Dr. Tomic-Canic described the process: When there is a wound, the strong muscle under the skin contracts and brings the edges of the wound together. A clot forms as a temporary barrier over the wound, and under it, the body makes thick coils of collagen rope that form a bridge so skin cells can migrate across the gap and fill in the opening. Those collagen ropes remain — they are the scar.

As molecular biology and molecular genetics advanced, Dr. Longaker seized on the new tools to probe the molecular pathways needed to form scars. The key starting point for scarring is mechanical tension when a wound tears skin that should be taut. (Older people with loose skin are less likely to scar because their skin is under less tension.) The tear in the layers of skin prompts a type of skin cell — fibroblasts — to create collagen ropes and initiates a chain reaction of molecular events inside the skin cells.

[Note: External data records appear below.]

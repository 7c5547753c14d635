-- ===== src/Kernel/Threads.antt =====
-- libs/kernel/include/xblob/kernel/thread_scheduler.hpp and libs/kernel/src/thread_scheduler.cpp:
-- the cooperative scheduler of the guest's threads. `threads_` is the list of the map's entries in
-- the order of their keys, and `active_cpu_ctx`, which the methods take by reference, is a part of
-- the state that they are given and return.
mod State
unfoldable pub use State.*
pub mod Table
pub mod Dispatch
pub mod Consistent
pub mod Wakes
pub mod Calls
pub mod RoundRobin
mod Tests
use xblob_emulator.Kernel.Handles.{HandleTable, invalid_handle_value, remove_waiting_thread}
use xblob_emulator.Cpu.Registers.{eax, CpuContext, set_gpr}
use xblob_emulator.Kernel.Sync.{invalid_thread_id}
use xblob_emulator.Common.{invalid_argument, invalid_state, Result, ok, fail}
use xblob_emulator.Prelude.{
  ℕ, ◌+◌, ◌-◌, Bool, true, false, ◌&&◌, ◌||◌, Option, none, some, List, [], ◌∷◌, leb, ◌==◌,
  if◌then◌else◌, remove, push_new, add32,
}

unfoldable pub enqueue_ready : ThreadScheduler → ℕ → ThreadScheduler
enqueue_ready s tid = record s { ready_queue = push_new tid s.ready_queue }

unfoldable pub create_thread : ThreadScheduler → ℕ → ℕ → ℕ → ℕ → Bool → ThreadScheduler × Result ℕ
create_thread s entry_point stack_top stack_base stack_size kernel_allocated_stack =
    let tid = s.next_tid in
    let th = new_thread tid entry_point stack_top stack_base stack_size kernel_allocated_stack in
    if s.current_tid == invalid_thread_id
    then (
      record s {
        next_tid = add32 tid 1;
        current_tid = tid;
        threads = put tid (record th { state = running }) s.threads;
      },
      ok tid,
    )
    else (
      enqueue_ready (record s { next_tid = add32 tid 1; threads = put tid th s.threads }) tid,
      ok tid,
    )

unfoldable pub current_thread : ThreadScheduler → Option GuestThread
current_thread s = find s.current_tid s.threads

unfoldable pub get_thread : ThreadScheduler → ℕ → Option GuestThread
get_thread s tid = find tid s.threads

unfoldable pub count_active : List (ℕ × GuestThread) → ℕ
count_active [] = 0
count_active ((key, th) ∷ ts) = if to_u8 th.state == 4 then count_active ts else count_active ts + 1

unfoldable pub active_thread_count : ThreadScheduler → ℕ
active_thread_count s = count_active s.threads

-- A thread under a key that it has.
abbrev pub with_thread : ThreadScheduler → ℕ → GuestThread → ThreadScheduler
with_thread s tid th = record s { threads = put tid th s.threads }

-- `ScheduleNext`, over the ready queue: terminated, suspended and unknown threads are dropped.
abbrev pub is_dropped : GuestThread → Bool
is_dropped th = to_u8 th.state == 4 || to_u8 th.state == 3

unfoldable pub dispatch :
    ThreadScheduler → CpuContext → List ℕ → (ThreadScheduler × CpuContext) × Bool
dispatch s cpu [] = ((record s { ready_queue = [] }, cpu), false)
dispatch s cpu (tid ∷ q) = elim (find tid s.threads) [
  | none ↦ dispatch s cpu q
  | some th ↦ elim (is_dropped th) [
    | true ↦ dispatch s cpu q
    | false ↦ (
      (
        record s {
          current_tid = tid;
          threads = put tid (record th { state = running }) s.threads;
          ready_queue = q;
        },
        th.context,
      ),
      true,
    )
  ]
]

unfoldable pub schedule_next : ThreadScheduler → CpuContext → (ThreadScheduler × CpuContext) × Bool
schedule_next s cpu = dispatch s cpu s.ready_queue

-- What `Yield` does before it schedules the next thread.
unfoldable pub give_up : ThreadScheduler → CpuContext → ThreadScheduler
give_up s cpu = elim (current_thread s) [
  | none ↦ s
  | some curr ↦
      if to_u8 curr.state == 1
      then enqueue_ready
          (with_thread s s.current_tid (record curr { context = cpu; state = ready })) s.current_tid
      else with_thread s s.current_tid (record curr { context = cpu })
]

unfoldable pub yield : ThreadScheduler → CpuContext → (ThreadScheduler × CpuContext)
yield s cpu = (schedule_next (give_up s cpu) cpu).0

unfoldable pub block_current_with_timeout :
    ThreadScheduler
    → List ℕ
    → Bool
    → Bool
    → ℕ
    → CpuContext
    → (ThreadScheduler × CpuContext) × Result (Unit {0})
block_current_with_timeout s handles wait_all has_timeout timeout_cycle cpu =
    elim (current_thread s) [
      | none ↦ ((s, cpu), fail invalid_state)
      | some curr ↦ (
        (schedule_next
            (with_thread s s.current_tid (record curr {
              context = cpu;
              state = blocked;
              wait_handles = handles;
              wait_all = wait_all;
              has_timeout = has_timeout;
              timeout_cycle = timeout_cycle;
            }))
            cpu).0,
        ok tt,
      )
    ]

unfoldable pub block_current :
    ThreadScheduler → ℕ → CpuContext → (ThreadScheduler × CpuContext) × Result (Unit {0})
block_current s handle cpu =
    block_current_with_timeout s (if handle == invalid_handle_value then [] else handle ∷ []) false
      false 0 cpu

-- A blocked thread made ready, with the status that its wait returns.
unfoldable pub awaken : ℕ → GuestThread → GuestThread
awaken status th = record th {
  state = ready;
  wait_handles = [];
  has_timeout = false;
  wait_status = status;
  context = set_gpr th.context eax status;
}

unfoldable pub wake : ThreadScheduler → ℕ → ℕ → ThreadScheduler × Result (Unit {0})
wake s tid status = elim (find tid s.threads) [
  | none ↦ (s, fail invalid_argument)
  | some th ↦
      if to_u8 th.state == 2
      then (enqueue_ready (with_thread s tid (awaken status th)) tid, ok tt)
      else (s, ok tt)
]

unfoldable pub exit_current :
    ThreadScheduler → ℕ → CpuContext → (ThreadScheduler × CpuContext) × Result (Unit {0})
exit_current s code cpu = elim (current_thread s) [
  | none ↦ ((s, cpu), fail invalid_state)
  | some curr ↦ (
    (schedule_next
        (with_thread s s.current_tid (record curr { state = terminated; exit_code = code })) cpu).0,
    ok tt,
  )
]

unfoldable pub terminate_thread : ThreadScheduler → ℕ → ℕ → ThreadScheduler × Result (Unit {0})
terminate_thread s tid code = elim (find tid s.threads) [
  | none ↦ (s, fail invalid_argument)
  | some th ↦ (
    record s {
      threads = put tid (record th { state = terminated; exit_code = code }) s.threads;
      ready_queue = remove tid s.ready_queue;
    },
    ok tt,
  )
]

unfoldable pub suspend_thread : ThreadScheduler → ℕ → ThreadScheduler × Result ℕ
suspend_thread s tid = elim (find tid s.threads) [
  | none ↦ (s, fail invalid_argument)
  | some th ↦
      let counted : GuestThread = record th { suspend_count = add32 th.suspend_count 1 } in
      if to_u8 th.state == 4
      then (s, fail invalid_argument)
      else if to_u8 th.state == 0
      then (
        record s {
          threads = put tid (record counted { state = suspended }) s.threads;
          ready_queue = remove tid s.ready_queue;
        },
        ok th.suspend_count,
      )
      else (with_thread s tid counted, ok th.suspend_count)
]

unfoldable pub resume_thread : ThreadScheduler → ℕ → ThreadScheduler × Result ℕ
resume_thread s tid = elim (find tid s.threads) [
  | none ↦ (s, fail invalid_argument)
  | some th ↦
      let counted : GuestThread = record th { suspend_count = th.suspend_count - 1 } in
      if to_u8 th.state == 4
      then (s, fail invalid_argument)
      else if th.suspend_count == 0
      then (s, ok 0)
      else if counted.suspend_count == 0 && to_u8 th.state == 3
      then (
        enqueue_ready (with_thread s tid (record counted { state = ready })) tid,
        ok th.suspend_count,
      )
      else (with_thread s tid counted, ok th.suspend_count)
]

abbrev pub is_expired : ℕ → GuestThread → Bool
is_expired now th = to_u8 th.state == 2 && (th.has_timeout && leb th.timeout_cycle now)

unfoldable pub remove_waits : HandleTable → List ℕ → ℕ → HandleTable
remove_waits table [] tid = table
remove_waits table (h ∷ hs) tid = remove_waits (remove_waiting_thread table h tid) hs tid

-- The loop of `CheckTimeouts`, over the entries of the map: the threads, the handle table, the ready
-- queue and the number of threads awakened.
pub record Sweep : Type 0 where
  pub threads : List (ℕ × GuestThread)
  pub handles : HandleTable
  pub ready_queue : List ℕ
  pub awakened : ℕ

unfoldable pub sweep : ℕ → List (ℕ × GuestThread) → HandleTable → List ℕ → Sweep
sweep now [] table q = record { threads = []; handles = table; ready_queue = q; awakened = 0 }
sweep now ((tid, th) ∷ ts) table q = elim (is_expired now th) [
  | true ↦
      let rest = sweep now ts (remove_waits table th.wait_handles tid) (push_new tid q) in
      record rest {
        threads = (tid, awaken status_wait_timeout th) ∷ rest.threads;
        awakened = rest.awakened + 1;
      }
  | false ↦ let rest = sweep now ts table q in record rest { threads = (tid, th) ∷ rest.threads }
]

unfoldable pub check_timeouts :
    ThreadScheduler → ℕ → HandleTable → (ThreadScheduler × HandleTable) × ℕ
check_timeouts s now table =
    let w = sweep now s.threads table s.ready_queue in
    ((record s { threads = w.threads; ready_queue = w.ready_queue }, w.handles), w.awakened)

The reactions culminate in the activation of a protein called YAP, for Yes-associated protein. YAP then binds to DNA, and scarring begins.

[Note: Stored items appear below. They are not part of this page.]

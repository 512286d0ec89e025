-- ===== src/Recovery/Due.antt =====
-- `claim_due` of backend/app/operations/recovery/infrastructure/repository.py: which rows it takes.
use gjallar.Prelude.{
  ℕ, ◌≡◌, String, Bool, true, inl, inr, List, [], ◌∷◌, any, take, All, All-map, All-take, arith,
  ◌==◌, str_eq_refl, Bool-cases, ◌&&◌, not,
}
use gjallar.Database.{OperationRecoveryItemRecord}
use gjallar.Recovery.{is_due, insert_due, due_rows, due_before}

-- `find_recovery id rows is not None`
abbrev pub is_stored : String → List OperationRecoveryItemRecord → Bool
is_stored id rows = any (λ (row : OperationRecoveryItemRecord). row.operation_id == id) rows

All-insert_due {ℓ} :
    (P : OperationRecoveryItemRecord → Type ℓ) (row : OperationRecoveryItemRecord)
    (rows : List OperationRecoveryItemRecord)
    → P row
    → All P rows
    → All P (insert_due row rows)
unfolding insert_due
All-insert_due P row [] h a = (h, tt)
All-insert_due P row (x ∷ rows) h a = elim (Bool-cases (due_before row x)) [
  | inl first ↦ rw first (h, a)
  | inr later ↦ rw later (a.0, All-insert_due P row rows h a.1)
]

-- What holds of every row that is due and not locked, holds of every row of the query.
pub All-due_rows {ℓ} :
    (P : OperationRecoveryItemRecord → Type ℓ) (now : ℕ) (locked : String → Bool)
    (rows : List OperationRecoveryItemRecord)
    → All (λ row. (is_due now row && not (locked row.operation_id)) ≡ true → P row) rows
    → All P (due_rows now locked rows)
unfolding due_rows
All-due_rows P now locked [] a = tt
All-due_rows P now locked (row ∷ rows) a =
    elim (Bool-cases (is_due now row && not (locked row.operation_id))) [
      | inl taken ↦ rw taken (
          All-insert_due P row (due_rows now locked rows) (a.0 taken)
            (All-due_rows P now locked rows a.1))
      | inr passed ↦ rw passed (All-due_rows P now locked rows a.1)
    ]

pub All-is_stored :
    (rows : List OperationRecoveryItemRecord)
    → All (λ (row : OperationRecoveryItemRecord). is_stored row.operation_id rows ≡ true) rows
All-is_stored [] = tt
All-is_stored (x ∷ rows) = (
  ground (arith, str_eq_refl x.operation_id),
  All-map (λ (row : OperationRecoveryItemRecord). is_stored row.operation_id rows ≡ true)
      (λ (row : OperationRecoveryItemRecord). is_stored row.operation_id (x ∷ rows) ≡ true) rows
      (λ row h. ground arith) (All-is_stored rows),
)

-- Every row that `claim_due` takes is stored.
pub taken-is_stored :
    (now limit : ℕ) (locked : String → Bool) (rows : List OperationRecoveryItemRecord)
    → All
        (λ (row : OperationRecoveryItemRecord). is_stored row.operation_id rows ≡ true)
        (take limit (due_rows now locked rows))
taken-is_stored now limit locked rows =
    let P = λ (row : OperationRecoveryItemRecord). is_stored row.operation_id rows ≡ true in
    All-take P limit (due_rows now locked rows) (
      All-due_rows P now locked rows (
        All-map P (λ row. (is_due now row && not (locked row.operation_id)) ≡ true → P row) rows
          (λ row h d. h) (All-is_stored rows)))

Dr. Longaker and Dr. Gurtner bred mice without the YAP protein. Because mice have loose skin, the two had to hold the wounds open with a ring, like an embroidery hoop, to mimic the tension in human skin. The wounds healed. No scars.

They then asked: Could verteporfin have the same effect as the absence of YAP? So in another experiment, they wounded mice that could make YAP and once again held the loose skin taut with rings. They injected verteporfin around the wound. They waited to see what would happen.

Dr. Longaker remembers the moment. “Holy guacamole,” he said. The healed wounds looked just like normal skin. They were the same under the microscope. They grew hair. They had oil glands.

His imagination soared. He might be able to prevent scars with a few quick injections of verteporfin. And there was no reason to think he couldn’t go even farther. A patient who had a disabling and disfiguring scar could go to a surgeon who could dab the scar with lidocaine to numb the skin, cut open the scar, inject verteporfin around the edges, and close the wound. Would it reheal without the scar?

“That could change their lives,” Dr. Longaker said.

Dr. Spector said he doubted all doctors would wait until F.D.A. approval if early clinical data supported the laboratory studies. Some are sure to jump ahead and try it because there is nothing now to stop scarring.

Dr. Longaker hopes doctors hold off. Clinical trials must come first, he stressed, and safety must be assured.

“I get it,” he said. “No one is more excited than me.”

“To be honest,” he added, “I’ve been waiting for 34 years. I would love to use it. This is a big deal. But that doesn’t mean we shortcut the process.”